O Estado surge como destaque nacional pela concentração de AgTechs. Dados indicam 845 empresas no radar paulista, correspondendo a 43,2% do total do país. A implantação ocorre por meio de ambientes de inovação, como o APTAHub, e pela atuação da Secretaria de Agricultura e Abastecimento.

A atuação pública envolve os Institutos da Diretoria de Pesquisa dos Agronegócios, que promovem programas com IA, drones de pulverização e treinamentos com plataformas adaptadas a diferentes perfis de usuários.

Ambientes de inovação conectam

O Centro de Engenharia e Automação do Instituto Agronômico é referência em pesquisas com IA, incluindo projetos de ensino dinâmico. Um exemplo é o desenvolvimento de um avatar instrutor para cursos, com respostas interativas.

Outros trabalhos envolvem uso de drones na aplicação de defensivos e equipamentos de proteção individual para aplicadores, com módulos de treinamento futuros voltados a empregadores do setor.

A iniciativa de IA no ensino visa adaptar linguagem e conteúdos a agrônomos, instrutores e trabalhadores rurais, ampliando o rendimento dos treinamentos.

Ecossistema de inovação e startups

O APTAHub conecta pesquisadores, startups, empresas e produtores, acelerando soluções tecnológicas para o campo. Entre as startups, a Agscore utiliza IA para previsão de produtividade e risco com dados de clima, solo, genótipos e manejo.

Segundo o sócio-administrador da Agscore, a ferramenta já atingiu alta acurácia em previsões de soja e milho, com resultados em milhares de hectares analisados, fortalecendo decisões de produtores e instituições financeiras.

Para os responsáveis, o ambiente de inovação fortalece a relação entre ciência e produção, destacando o pitch day como fórum de apresentação de soluções ao ecossistema agro.

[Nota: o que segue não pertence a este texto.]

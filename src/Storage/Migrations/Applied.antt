-- ===== src/Storage/Migrations/Applied.antt =====
-- What a run of the migrations has done.
use scraper.Base.{
  ◌≡◌, refl, sym, ◌∙◌, ap, subst, inl, inr, Bool, true, List, [], ◌∷◌, Option, none, some, ok, err,
  Result, All, Bool-cases, arith, if◌then◌else◌,
}
use scraper.Base.State.{Post, bind_Post, ◌>>=◌}
use scraper.Text.{Text}
use scraper.Text.Laws.{text_eq_refl}
use scraper.Storage.Migrations.{
  Schema, MigrationCall, begins, locks, ensures, commits, checks, reads, executes, records, Answers,
  is_applied, M, answered, call, applied, apply_file, unless_applied, migrate_file, migrate_files,
  migrate_all, rolled_back, with_files, run_migrations, list_migration_files,
}

-- The files that are not applied, each once, in order.
unfoldable pub pending : List Text → List Text → List Text
pending [] migrations = []
pending (file ∷ files) migrations =
    let rest = pending files migrations in
    let rest' = pending files (file ∷ migrations) in
    if is_applied file migrations then rest else file ∷ rest'

-- Files in order on top of those before.
abbrev pub on_top : List Text → List Text → List Text
on_top [] before = before
on_top (file ∷ files) before = on_top files (file ∷ before)

abbrev pub Reaches : List Text → List Text → Schema → Type 0
Reaches migrations executed s = (s.migrations ≡ migrations) × (s.executed ≡ executed)

Anything : Schema → Type 0
Anything s = Unit

module _ (answers : Answers) where
  call-Reaches :
      (ms ex : List Text) (c : MigrationCall) (s : Schema)
      → Reaches ms ex s
      → Post Anything (λ _. Reaches ms ex) (call answers c s)
  call-Reaches ms ex c s h = go (answers s.calls c)
    where
      go : (o : Option Text) → Post Anything (λ _. Reaches ms ex) (answered answers o s)
      go none = h
      go (some e) = unfold Anything in tt

  -- A call, and what follows it.
  after_call :
      (ms ex : List Text) (c : MigrationCall) (rest : M (Unit {0})) (P : Schema → Type 0)
      (s : Schema)
      → Reaches ms ex s
      → ((s' : Schema) → Reaches ms ex s' → Post Anything (λ _. P) (rest s'))
      → Post Anything (λ _. P) ((do _ ← call answers c; rest) s)
  after_call ms ex c rest P s h k =
      bind_Post Anything (λ _. Reaches ms ex) (λ _. P) (call answers c s) (λ _. rest)
        (call-Reaches ms ex c s h) (λ _ s' h'. k s' h')

  apply_file-Reaches :
      (ms ex : List Text) (file : Text) (s : Schema)
      → Reaches ms ex s
      → Post Anything (λ _. Reaches (file ∷ ms) (file ∷ ex)) (apply_file answers file s)
  apply_file-Reaches ms ex file s h =
      after_call ms ex (reads file)
        (do _ ← call answers (executes file); _ ← call answers (records file); applied answers file)
        (Reaches (file ∷ ms) (file ∷ ex)) s h
        (λ s1 h1.
          after_call ms ex (executes file)
            (do _ ← call answers (records file); applied answers file)
            (Reaches (file ∷ ms) (file ∷ ex)) s1 h1
            (λ s2 h2.
              after_call ms ex (records file) (applied answers file)
                (Reaches (file ∷ ms) (file ∷ ex)) s2 h2
                (λ s3 h3. (ap (λ fs. file ∷ fs) h3.0, ap (λ fs. file ∷ fs) h3.1))))

  migrate_files-Reaches :
      (files ms ex : List Text) (s : Schema)
      → Reaches ms ex s
      → Post Anything
          (λ _. Reaches (on_top (pending files ms) ms) (on_top (pending files ms) ex))
          (migrate_files answers files s)
  unfolding migrate_files pending
  migrate_files-Reaches [] ms ex s h = h
  migrate_files-Reaches (file ∷ files) ms ex s h = elim (Bool-cases (is_applied file ms)) [
    | inl known ↦ rw known (
        bind_Post Anything (λ _. Reaches ms ex)
          (λ _. Reaches (on_top (pending files ms) ms) (on_top (pending files ms) ex))
          (migrate_file answers file s) (λ _. migrate_files answers files)
          (after_call ms ex (checks file)
            (λ t. unless_applied answers file (is_applied file t.migrations) t) (Reaches ms ex) s h
            (λ s' h'. rw (ap (is_applied file) h'.0 ∙ known) h'))
          (λ _ s' h'. migrate_files-Reaches files ms ex s' h'))
    | inr new ↦ rw new (
        bind_Post Anything (λ _. Reaches (file ∷ ms) (file ∷ ex))
          (λ _.
            Reaches (on_top (pending files (file ∷ ms)) (file ∷ ms))
              (on_top (pending files (file ∷ ms)) (file ∷ ex)))
          (migrate_file answers file s) (λ _. migrate_files answers files)
          (after_call ms ex (checks file)
            (λ t. unless_applied answers file (is_applied file t.migrations) t)
            (Reaches (file ∷ ms) (file ∷ ex)) s h
            (λ s' h'. rw (ap (is_applied file) h'.0 ∙ new) (apply_file-Reaches ms ex file s' h')))
          (λ _ s' h'. migrate_files-Reaches files (file ∷ ms) (file ∷ ex) s' h'))
  ]

  migrate_all-Reaches :
      (files ms ex : List Text) (s : Schema)
      → Reaches ms ex s
      → Post Anything
          (λ _. Reaches (on_top (pending files ms) ms) (on_top (pending files ms) ex))
          (migrate_all answers files s)
  unfolding migrate_all
  migrate_all-Reaches files ms ex s h =
      let End = Reaches (on_top (pending files ms) ms) (on_top (pending files ms) ex) in
      after_call ms ex begins _ End s h (λ s1 h1. after_call ms ex locks _ End s1 h1 (λ s2 h2.
        after_call ms ex ensures _ End s2 h2 (λ s3 h3.
          bind_Post Anything (λ _. End) (λ _. End) (migrate_files answers files s3)
            (λ _. call answers commits) (migrate_files-Reaches files ms ex s3 h3)
            (λ _ s4 h4. call-Reaches _ _ commits s4 h4))))

-- Files that are applied stay so, and nothing is pending after them.
is_applied-on_top :
    (file : Text) (files ms : List Text)
    → is_applied file ms ≡ true
    → is_applied file (on_top files ms) ≡ true
is_applied-on_top file [] ms h = h
is_applied-on_top file (f ∷ files) ms h =
    is_applied-on_top file files (f ∷ ms) (unfold is_applied in ground (arith, h))

pending-done :
    (files ms : List Text)
    → All (λ file. is_applied file (on_top (pending files ms) ms) ≡ true) files
unfolding pending is_applied
pending-done [] ms = tt
pending-done (file ∷ files) ms = elim (Bool-cases (is_applied file ms)) [
  | inl known ↦
      let same : pending (file ∷ files) ms ≡ pending files ms = rw known refl in
      subst Done (sym same)
        (is_applied-on_top file (pending files ms) ms known, pending-done files ms)
  | inr new ↦
      let same : pending (file ∷ files) ms ≡ file ∷ pending files (file ∷ ms) = rw new refl in
      let here : is_applied file (file ∷ ms) ≡ true = rw (text_eq_refl file) refl in
      subst Done (sym same) (
        is_applied-on_top file (pending files (file ∷ ms)) (file ∷ ms) here,
        pending-done files (file ∷ ms),
      )
]
  where
    Done : List Text → Type 0
    Done fs = All (λ f. is_applied f (on_top fs ms) ≡ true) (file ∷ files)

pending_none :
    (files ms : List Text) → All (λ file. is_applied file ms ≡ true) files → pending files ms ≡ []
unfolding pending
pending_none [] ms h = refl
pending_none (file ∷ files) ms h = rw h.0 (pending_none files ms h.1)

-- The state after a run: what was pending is executed and recorded, and nothing is pending then.
abbrev pub Migrated : Result Text (List Text) → Schema → Schema → Type 0
Migrated (err e) s s' = ⊥
Migrated (ok files) s s' =
    (s'.executed ≡ on_top (pending files s.migrations) s.executed)
    × (s'.migrations ≡ on_top (pending files s.migrations) s.migrations)
    × (pending files s'.migrations ≡ [])

-- A run of the migrations that succeeds has executed, in the order of the list, exactly the listed
-- files that were not recorded, and recorded them, so that another run finds nothing to execute;
-- one that fails has changed nothing.
pub run_migrations-Migrated :
    (answers : Answers) (directory : Result Text (List (Text × Bool))) (s : Schema)
    → Post
        (λ s'. Reaches s.migrations s.executed s')
        (λ _ s'. Migrated (list_migration_files directory) s s')
        (run_migrations answers directory s)
unfolding run_migrations
run_migrations-Migrated answers directory s = go (list_migration_files directory)
  where
    finish :
        (files : List Text) (x : Schema × Result Text (Unit {0}))
        → Post Anything
            (λ _.
              Reaches
                (on_top (pending files s.migrations) s.migrations)
                (on_top (pending files s.migrations) s.executed))
            x
        → Post
            (λ s'. Reaches s.migrations s.executed s')
            (λ _ s'. Migrated (ok files) s s')
            (rolled_back answers s x)
    finish files (s', err e) h = (refl, refl)
    finish files (s', ok a) h = (
      h.1,
      h.0,
      rw h.0 (
          pending_none files (on_top (pending files s.migrations) s.migrations)
            (pending-done files s.migrations)),
    )

    go :
        (files : Result Text (List Text))
        → Post
            (λ s'. Reaches s.migrations s.executed s')
            (λ _ s'. Migrated files s s')
            (with_files answers files s)
    go (err e) = (refl, refl)
    go (ok files) =
        finish files (migrate_all answers files s)
          (migrate_all-Reaches answers files s.migrations s.executed s (refl, refl))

Monitoramento e geolocalização com IA

O programa Rotas Rurais, do Instituto de Economia Agrícola, usa IA para identificar e geolocalizar propriedades com numeração ausente, facilitando logística, segurança e entrega de produtos.

Priscilla Fagundes ressalta que a ferramenta otimiza o trabalho da equipe e amplia resultados do projeto. O IEA também desenvolve o programa Brotar, que mapeia 371 municípios e produz relatórios com apoio de IA.

Regularização ambiental e liderança nacional

Ao final de 2025, São Paulo atingiu 200 mil CARs validados, consolidando-se como referência na regularização ambiental. O estado soma 432 mil CARs ativos, com IA acelerando validações e análises técnicas.

Geraldo Melo Filho destaca que a combinação de IA com trabalho técnico eleva a agilidade do processo, fortalecendo a posição paulista no cumprimento do Código Florestal.